In short, the attacker can implement the iterative process of (39)–(46) through the ADMM algorithm to realize the grid topology restoration of the node admittance matrix. Then, the approximate real grid admittance matrix model ${\tilde{L}}^{act}$ is shown in (47).

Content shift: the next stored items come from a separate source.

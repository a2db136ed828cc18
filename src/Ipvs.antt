-- ===== src/Ipvs.antt =====
-- crates/nlx-netlink/src/collectors/ipvs.rs: the parsers of services and destinations. `lossy` is
-- `String::from_utf8_lossy`.
pub mod Collect
pub mod Keys
pub mod Numbers
pub mod Requests
pub mod Samples
pub mod Stats
use mathlib.Core.List.{foldl}
use mathlib.Core.Option
use netlink_exporter.Base.{
  ℕ, Bool, true, false, ◌&&◌, List, [], ◌∷◌, Option, none, some, leb, ◌==◌, if◌then◌else◌, length,
  take,
}
use netlink_exporter.Base.Digits.{lower_hex}
use netlink_exporter.Base.Text.{Text, codes, decimal}
use netlink_exporter.Ipvs.Stats.{choose_stats, parse_stats64, parse_stats32}
use netlink_exporter.Wire.{
  Bytes, Nla, parse_attrs, nested_attrs, read_u16, read_u16_be, read_u32, read_u64,
}
use netlink_exporter.Wire.Names.{before_nul}

-- `Ipv4Addr` and `Ipv6Addr` of the standard library: `Display` of an address given by its bytes, and
-- its `FromStr`.
pub record Addresses : Type 0 where
  pub show_v4 : Bytes → Text
  pub show_v6 : Bytes → Text
  pub parse_v4 : Text → Option Bytes
  pub parse_v6 : Text → Option Bytes

-- The variables of the loop in `parse_service`.
pub record ServiceState : Type 0 where
  pub af : ℕ
  pub proto : ℕ
  pub addr_bytes : Option Bytes
  pub port : ℕ
  pub fwmark : ℕ
  pub sched : Text
  pub stats64_payload : Option Bytes
  pub stats32_payload : Option Bytes

pub record IpvsService : Type 0 where
  pub proto : Text
  pub vip : Text
  pub port : Text
  pub sched : Text
  pub conns : ℕ
  pub in_pkts : ℕ
  pub out_pkts : ℕ
  pub in_bytes : ℕ
  pub out_bytes : ℕ
  pub cps : ℕ
  pub in_pps : ℕ
  pub out_pps : ℕ
  pub in_bps : ℕ
  pub out_bps : ℕ

-- The variables of the loop in `parse_destination`.
pub record DestState : Type 0 where
  pub dest_af : Option ℕ
  pub addr_bytes : Option Bytes
  pub rport : ℕ
  pub weight : ℕ
  pub active : ℕ
  pub inactive : ℕ
  pub stats64_payload : Option Bytes
  pub stats32_payload : Option Bytes

pub record IpvsDestination : Type 0 where
  pub svc_proto : Text
  pub svc_vip : Text
  pub svc_port : Text
  pub rip : Text
  pub rport : Text
  pub weight : ℕ
  pub active_conns : ℕ
  pub inactive_conns : ℕ
  pub conns : ℕ
  pub in_bytes : ℕ
  pub out_bytes : ℕ

abbrev pub af_inet : ℕ
af_inet = 2

abbrev pub af_inet6 : ℕ
af_inet6 = 10

abbrev pub proto_str : ℕ → Text
proto_str proto =
    if proto == 6
    then codes "tcp"
    else if proto == 17
    then codes "udp"
    else if proto == 132
    then codes "sctp"
    else codes "unknown"

abbrev pub has_colon : Text → Bool
has_colon [] = false
has_colon (c ∷ cs) = let rest = has_colon cs in if c == b':' then true else rest

-- The family that a service's address shows.
abbrev pub svc_af : Text → ℕ
svc_af vip = if has_colon vip then af_inet6 else af_inet

abbrev pub no_service : ServiceState
no_service = record {
  af = af_inet;
  proto = 0;
  addr_bytes = none;
  port = 0;
  fwmark = 0;
  sched = codes "unknown";
  stats64_payload = none;
  stats32_payload = none;
}

abbrev pub no_dest : DestState
no_dest = record {
  dest_af = none;
  addr_bytes = none;
  rport = 0;
  weight = 0;
  active = 0;
  inactive = 0;
  stats64_payload = none;
  stats32_payload = none;
}

-- The match on one attribute of a destination.
unfoldable pub dest_attr : DestState → Nla → DestState
dest_attr d a =
    if a.ty == 1
    then record d { addr_bytes = some a.payload }
    else if a.ty == 2
    then record d { rport = Option.get_or (read_u16_be a.payload) 0 }
    else if a.ty == 4
    then record d { weight = Option.get_or (read_u32 a.payload) 0 }
    else if a.ty == 7
    then record d { active = Option.get_or (read_u32 a.payload) 0 }
    else if a.ty == 8
    then record d { inactive = Option.get_or (read_u32 a.payload) 0 }
    else if a.ty == 11
    then record d { dest_af = read_u16 a.payload }
    else if a.ty == 12
    then record d { stats64_payload = some a.payload }
    else if a.ty == 10
    then record d { stats32_payload = some a.payload }
    else d

module _ (lossy : Bytes → Text) where
  -- The match on one attribute of a service.
  unfoldable pub service_attr : ServiceState → Nla → ServiceState
  service_attr v a =
      if a.ty == 1
      then record v { af = Option.get_or (read_u16 a.payload) af_inet }
      else if a.ty == 2
      then record v { proto = Option.get_or (read_u16 a.payload) 0 }
      else if a.ty == 3
      then record v { addr_bytes = some a.payload }
      else if a.ty == 4
      then record v { port = Option.get_or (read_u16_be a.payload) 0 }
      else if a.ty == 5
      then record v { fwmark = Option.get_or (read_u32 a.payload) 0 }
      else if a.ty == 6
      then record v { sched = lossy (before_nul a.payload) }
      else if a.ty == 12
      then record v { stats64_payload = some a.payload }
      else if a.ty == 10
      then record v { stats32_payload = some a.payload }
      else v

module _ (addresses : Addresses) where
  unfoldable pub addr_to_str : ℕ → Bytes → Text
  addr_to_str af bytes =
      if (af == af_inet) && leb 4 (length bytes)
      then addresses.show_v4 (take 4 bytes)
      else if (af == af_inet6) && leb 16 (length bytes)
      then addresses.show_v6 (take 16 bytes)
      else []

  -- The end of `parse_service`.
  abbrev pub finish_service : ServiceState → IpvsService
  finish_service v =
      let stats = choose_stats v.stats64_payload v.stats32_payload in
      record {
        proto = proto_str v.proto;
        vip = if v.fwmark == 0 then addr_to_str v.af (Option.get_or v.addr_bytes []) else [];
        port = if v.fwmark == 0 then decimal v.port else b'0' ∷ b'x' ∷ lower_hex v.fwmark;
        sched = v.sched;
        conns = stats.conns;
        in_pkts = stats.in_pkts;
        out_pkts = stats.out_pkts;
        in_bytes = stats.in_bytes;
        out_bytes = stats.out_bytes;
        cps = stats.cps;
        in_pps = stats.in_pps;
        out_pps = stats.out_pps;
        in_bps = stats.in_bps;
        out_bps = stats.out_bps;
      }

  unfoldable pub parse_destination : Bytes → IpvsService → Option IpvsDestination
  unfolding addr_to_str dest_attr
  parse_destination attrs_buf svc =
      let d : DestState = foldl dest_attr no_dest (parse_attrs attrs_buf) in
      let stats = choose_stats d.stats64_payload d.stats32_payload in
      some (record {
        svc_proto = svc.proto;
        svc_vip = svc.vip;
        svc_port = svc.port;
        rip =
            addr_to_str (Option.get_or d.dest_af (svc_af svc.vip)) (Option.get_or d.addr_bytes []);
        rport = decimal d.rport;
        weight = d.weight;
        active_conns = d.active;
        inactive_conns = d.inactive;
        conns = stats.conns;
        in_bytes = stats.in_bytes;
        out_bytes = stats.out_bytes;
      })

  unfoldable pub parse_service : (Bytes → Text) → Bytes → Option IpvsService
  unfolding service_attr addr_to_str
  parse_service lossy attrs_buf =
      some (finish_service (foldl (service_attr lossy) no_service (parse_attrs attrs_buf)))
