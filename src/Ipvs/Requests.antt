-- ===== src/Ipvs/Requests.antt =====
-- The requests of crates/nlx-netlink/src/collectors/ipvs.rs.
use netlink_exporter.Base.{ℕ, ◌+◌, ◌^◌, [], ◌∷◌, Option, none, some, if◌then◌else◌, is_empty}
use netlink_exporter.Base.Digits.{from_str_radix, starts_0x, trim_0x}
use netlink_exporter.Base.Order.{text_eq}
use netlink_exporter.Base.Text.{Text, codes}
use netlink_exporter.Ipvs.{Addresses, IpvsService, svc_af}
use netlink_exporter.Wire.{Bytes}
use netlink_exporter.Wire.Build.{push_nla, to_ne_bytes, to_be_bytes}

abbrev pub build_genl_payload : ℕ → Bytes
build_genl_payload cmd = cmd ∷ 1 ∷ 0 ∷ 0 ∷ []

abbrev pub proto_number : Text → ℕ
proto_number proto =
    if text_eq proto (codes "tcp")
    then 6
    else if text_eq proto (codes "udp")
    then 17
    else if text_eq proto (codes "sctp")
    then 132
    else 0

-- A mark that cannot be read is left out.
abbrev pub push_fwmark : Bytes → Option ℕ → Bytes
push_fwmark inner none = inner
push_fwmark inner (some fwmark) = push_nla inner 5 (to_ne_bytes 4 fwmark)

-- As is a port,
abbrev pub push_port : Bytes → Option ℕ → Bytes
push_port inner none = inner
push_port inner (some port) = push_nla inner 4 (to_be_bytes 2 port)

-- and an address, tried in both forms.
abbrev pub push_parsed : Bytes → Option Bytes → Option Bytes → Bytes
push_parsed inner (some octets) v6 = push_nla inner 3 octets
push_parsed inner none (some octets) = push_nla inner 3 octets
push_parsed inner none none = inner

module _ (addresses : Addresses) where
  abbrev pub push_addr : Bytes → Text → Bytes
  push_addr inner vip =
      if is_empty vip
      then inner
      else push_parsed inner (addresses.parse_v4 vip) (addresses.parse_v6 vip)

  -- The attributes that name a service.
  unfoldable pub service_key : IpvsService → Bytes
  service_key svc =
      let with_af = push_nla [] 1 (to_ne_bytes 2 (svc_af svc.vip)) in
      if starts_0x svc.port
      then push_fwmark with_af (from_str_radix 16 (2 ^ 32) (trim_0x svc.port))
      else push_port
          (push_addr (push_nla with_af 2 (to_ne_bytes 2 (proto_number svc.proto))) svc.vip)
          (from_str_radix 10 (2 ^ 16) svc.port)

  -- The key in an `IPVS_CMD_ATTR_SERVICE`, with the flag of a nest.
  unfoldable pub build_dest_request : IpvsService → Bytes
  unfolding service_key
  build_dest_request svc = push_nla (8 ∷ 1 ∷ 0 ∷ 0 ∷ []) (2 ^ 15 + 1) (service_key svc)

$${\tilde{H}}_1^{act}={\tilde{L}}^{act}=\left|\begin{array}{ccc}{L}_{11}& \dots & L_{1n}\\ L_{n1}& \dots & L_{nn}\end{array}\right|+\left|\begin{array}{ccc}\Delta L_{11}\hfill & \dots & \Delta L_{1n}\\ \Delta L_{n1}\hfill & \dots & \Delta L_{nn}\end{array}\right|,$$

(47)

The first term is the real admittance matrix. The second term $\Delta y$ is the error between the actual model and the model estimated by the attacker. The elements corresponding to the real power injection are shown in (48).

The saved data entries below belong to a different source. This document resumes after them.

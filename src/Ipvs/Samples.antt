-- ===== src/Ipvs/Samples.antt =====
-- The samples of crates/nlx-netlink/src/collectors/ipvs.rs. `of_u64` is the cast to `f64`.
use netlink_exporter.Base.{ℕ, List, [], ◌∷◌}
use netlink_exporter.Base.Map.{insert}
use netlink_exporter.Base.Order.{text_ord}
use netlink_exporter.Base.Text.{codes}
use netlink_exporter.Ipvs.{IpvsService, IpvsDestination}
use netlink_exporter.Metric.{Labels, MetricSample, counter_sample, gauge_sample}

abbrev pub svc_labels : IpvsService → Labels
svc_labels svc =
    insert (codes "port") svc.port
      (insert (codes "vip") svc.vip (insert (codes "proto") svc.proto []))

abbrev pub dest_labels : IpvsService → IpvsDestination → Labels
dest_labels svc dest =
    insert (codes "rport") dest.rport (insert (codes "rip") dest.rip (svc_labels svc))

module _ {F64 : Type 0} (of_u64 : ℕ → F64) where
  unfoldable pub push_svc_metrics : IpvsService → Labels → List (MetricSample F64)
  push_svc_metrics svc labels =
      counter_sample (codes "nft_ipvs_connections_total")
        (codes "IPVS virtual service total connections.") labels svc.conns
      ∷ counter_sample (codes "nft_ipvs_incoming_packets_total")
          (codes "IPVS virtual service incoming packets.") labels svc.in_pkts
      ∷ counter_sample (codes "nft_ipvs_outgoing_packets_total")
          (codes "IPVS virtual service outgoing packets.") labels svc.out_pkts
      ∷ counter_sample (codes "nft_ipvs_incoming_bytes_total")
          (codes "IPVS virtual service incoming bytes.") labels svc.in_bytes
      ∷ counter_sample (codes "nft_ipvs_outgoing_bytes_total")
          (codes "IPVS virtual service outgoing bytes.") labels svc.out_bytes
      ∷ gauge_sample (codes "nft_ipvs_connections_rate")
          (codes "IPVS virtual service EMA connections per second.") labels (of_u64 svc.cps)
      ∷ gauge_sample (codes "nft_ipvs_incoming_packets_rate")
          (codes "IPVS virtual service EMA incoming packets per second.") labels (of_u64 svc.in_pps)
      ∷ gauge_sample (codes "nft_ipvs_outgoing_packets_rate")
          (codes "IPVS virtual service EMA outgoing packets per second.") labels
          (of_u64 svc.out_pps)
      ∷ gauge_sample (codes "nft_ipvs_incoming_bytes_rate")
          (codes "IPVS virtual service EMA incoming bytes per second.") labels (of_u64 svc.in_bps)
      ∷ gauge_sample (codes "nft_ipvs_outgoing_bytes_rate")
          (codes "IPVS virtual service EMA outgoing bytes per second.") labels (of_u64 svc.out_bps)
      ∷ []

  unfoldable pub push_dest_metrics : IpvsService → IpvsDestination → List (MetricSample F64)
  push_dest_metrics svc dest =
      gauge_sample (codes "nft_ipvs_dest_weight") (codes "IPVS destination configured weight.")
        (dest_labels svc dest) (of_u64 dest.weight)
      ∷ gauge_sample (codes "nft_ipvs_dest_active_connections")
          (codes "IPVS destination current active connections.") (dest_labels svc dest)
          (of_u64 dest.active_conns)
      ∷ gauge_sample (codes "nft_ipvs_dest_inactive_connections")
          (codes "IPVS destination current inactive connections.") (dest_labels svc dest)
          (of_u64 dest.inactive_conns)
      ∷ counter_sample (codes "nft_ipvs_dest_connections_total")
          (codes "IPVS destination total connections.") (dest_labels svc dest) dest.conns
      ∷ counter_sample (codes "nft_ipvs_dest_incoming_bytes_total")
          (codes "IPVS destination total incoming bytes.") (dest_labels svc dest) dest.in_bytes
      ∷ counter_sample (codes "nft_ipvs_dest_outgoing_bytes_total")
          (codes "IPVS destination total outgoing bytes.") (dest_labels svc dest) dest.out_bytes
      ∷ []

$$\left\{\begin{array}{c}\frac{\partial P_{inj}}{\partial {\theta }_i}={\displaystyle \sum _{j=1,j\ne i}^M}{V}_i{V}_j\left(\left(G_{ij}^{act}cos{\theta }_{ij}-B_{ij}^{act}sin{\theta }_{ij}\right)\right.\hfill \\ \frac{\partial P_{inj}}{\partial {\theta }_j}=V_i{V}_j\left(\left(G_{ij}^{act}sin{\theta }_{ij}-B_{ij}^{act}cos{\theta }_{ij}\right)\right.\hfill \\ \frac{\partial P_{inj}}{\partial V_i}={\displaystyle \sum _{j=1,j\ne i}^M}{V}_j\left(G_{ij}^{act}sin{\theta }_{ij}+B_{ij}^{nact}cos{\theta }_{ij}\right)\hfill \\ \frac{\partial P_{inj}}{\partial V_j}=V_i\left(G_{ij}^{act}sin{\theta }_{ij}+B_{ij}^{act}cos{\theta }_{ij}\right)\hfill \end{array}\right.,$$

(48)

These elements form the attacker’s Jacobian matrix ${\tilde{H}}^{act}$, as shown in (49).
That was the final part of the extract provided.